What Is Sleep Apnoea?
Obstructive sleep apnoea (OSA) is a condition in which the upper airway repeatedly collapses during sleep, causing breathing to stop and restart. These episodes which may occur dozens or hundreds of times per night prevent restorative sleep and place significant strain on the cardiovascular system. OSA is strongly associated with hypertension, atrial fibrillation, type 2 diabetes and increased cardiovascular risk. Despite this, many patients remain undiagnosed for years, attributing their symptoms to poor sleep habits, stress or ageing. Accurate diagnosis and timely treatment can be transformative for both quality of life and long-term health outcomes.
Symptoms May Include
- Loud snoring
- Excessive daytime sleepiness
- Excessive daytime sleepiness
- Morning headaches
- Difficulty concentrating
- Mood changes or irritability
- Unrefreshing sleep
- Waking with a dry mouth or sore throat
- Frequent night-time urination
- Reduced libido
Diagnostic Assessment
Your consultation may include:
- Sleep history questionnaire and Epworth Sleepiness Scale
- Clinical examination of the upper airway and neck
- Home sleep study (portable polysomnography)

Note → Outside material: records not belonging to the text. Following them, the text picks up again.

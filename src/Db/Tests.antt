-- ===== src/Db/Tests.antt =====
-- Runs of the repository, and its theorems at concrete tables.
use npm_sentinel.Db.UnitOfWork.{transact}
use npm_sentinel.Base.{ℕ, ◌≡◌, refl, ◌⊎◌, false, none, some, List, [], ◌∷◌, map}
use npm_sentinel.Base.Int.{pos}
use npm_sentinel.Core.Exceptions.{ok}
use npm_sentinel.Db.Models.{Db, ScanResultModel, ScanStatus, FindingCreate}
use npm_sentinel.Db.Table.{some_row, find_row}
use npm_sentinel.Db.Holds.{Holds}
use npm_sentinel.Db.Scans.{
  get_scan, claim_next_queued_scan, claimable, claimed, replace_findings, mark_scan_failed,
  mark_scan_completed,
}
use npm_sentinel.Db.Calls.{
  Call, claim_next_queued_scan_call, mark_scan_completed_call, mark_scan_failed_call, run_calls,
  perform,
}
use npm_sentinel.Db.Lifecycle.{UniqueScans, Kept}
use npm_sentinel.Db.Lifecycle.Runs.{run_calls-keeps}
use npm_sentinel.Db.Claims.{Oldest, with_claimed, claim_next_queued_scan-Oldest}
use npm_sentinel.Db.Findings.{Replaced, Replaced-replace_findings}

abbrev scan : ℕ → ScanStatus → ℕ → ScanResultModel
scan i status created = record {
  id = i;
  package_id = 7;
  latest_version = none;
  previous_version = none;
  status = status;
  score = none;
  risk_level = "unknown";
  error_message = none;
  started_at = created;
  finished_at = none;
  created_at = created;
}

-- A package with a scan that failed and two that wait, the older one behind the other.
abbrev three_scans : Db
three_scans = record {
  packages = [];
  versions = [];
  scan_results =
      scan 1 ScanStatus.failed 10 ∷ scan 2 ScanStatus.queued 12 ∷ scan 3 ScanStatus.queued 11 ∷ [];
  findings = [];
  queue_jobs = [];
}

three_scans-UniqueScans : UniqueScans three_scans
unfolding some_row
three_scans-UniqueScans = (refl, (refl, (refl, tt)))

abbrev calls : List Call
calls =
    claim_next_queued_scan_call (λ i. false) 20 7
    ∷ mark_scan_completed_call 21 3 (pos 26) "low"
    ∷ mark_scan_failed_call 22 3 "late"
    ∷ mark_scan_failed_call 22 1 "late"
    ∷ []

-- The oldest waiting scan is taken, and what is ended stays as it is.
calls_tests :
    (map (λ r. r.status) (run_calls calls three_scans).scan_results
      ≡ ScanStatus.failed ∷ ScanStatus.queued ∷ ScanStatus.completed ∷ [])
    × (get_scan 1 (run_calls calls three_scans) ≡ some (scan 1 ScanStatus.failed 10))
unfolding run_calls get_scan perform transact mark_scan_failed mark_scan_completed
    claim_next_queued_scan find_row
calls_tests = (refl, refl)

run_calls-keeps_example :
    UniqueScans (run_calls calls three_scans)
    × ((i : ℕ) (r : ScanResultModel)
        → get_scan i three_scans ≡ some r
        → Kept i r (run_calls calls three_scans))
run_calls-keeps_example = run_calls-keeps calls three_scans three_scans-UniqueScans

claim_next_queued_scan-Oldest_example :
    ((claim_next_queued_scan (λ i. false) 20 7 three_scans ≡ ok (none, three_scans))
      × (some_row (claimable (λ i. false) 7) three_scans.scan_results ≡ false))
    ⊎ ((r : ScanResultModel) × Oldest (λ i. false) 7 three_scans r
        × (claim_next_queued_scan (λ i. false) 20 7 three_scans
            ≡ ok (some (claimed 20 r), with_claimed 20 r.id three_scans))
        × (get_scan r.id (with_claimed 20 r.id three_scans) ≡ some (claimed 20 r)))
claim_next_queued_scan-Oldest_example =
    claim_next_queued_scan-Oldest (λ i. false) 20 7 three_scans three_scans-UniqueScans

abbrev hook : FindingCreate
hook = record {
  finding_type = "INSTALL_HOOK_ADDED";
  severity = "high";
  category = "scripts";
  description = "added";
  file_path = none;
  evidence = some "install";
}

Replaced-replace_findings_example :
    Holds
      (Replaced 20 (λ i. i) 3 (hook ∷ []) three_scans)
      (replace_findings 20 (λ i. i) 3 (hook ∷ []) three_scans)
Replaced-replace_findings_example = Replaced-replace_findings 20 (λ i. i) 3 (hook ∷ []) three_scans
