-- ===== src/Domain.antt =====
-- app/domain
pub mod Enums
pub mod Findings
pub mod Scoring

- Assessment of cardiovascular risk factors
- Overnight oximetry where appropriate
- Spirometry and lung function assessment
- BMI and lifestyle review
- Referral for in-laboratory sleep study if clinically indicated
Treatment Approach
Treatment plans are personalised based on the underlying cause and severity and may include:
- CPAP (Continuous Positive Airway Pressure) therapy
- CPAP titration and ongoing optimisation
- Lifestyle modification advice (weight management, sleep position, alcohol reduction)
- Mandibular advancement device referral
- Positional therapy where appropriate
- Treatment of nasal obstruction contributing to OSA
- Cardiovascular risk management
- Regular follow-up and monitoring of treatment response
Why Early Assessment Matters
Untreated sleep apnoea significantly increases the risk of hypertension, heart disease, stroke and type 2 diabetes. Early treatment improves sleep quality, daytime function and long-term cardiovascular health and for many patients, the improvement in daily energy and concentration is felt within the first weeks of therapy.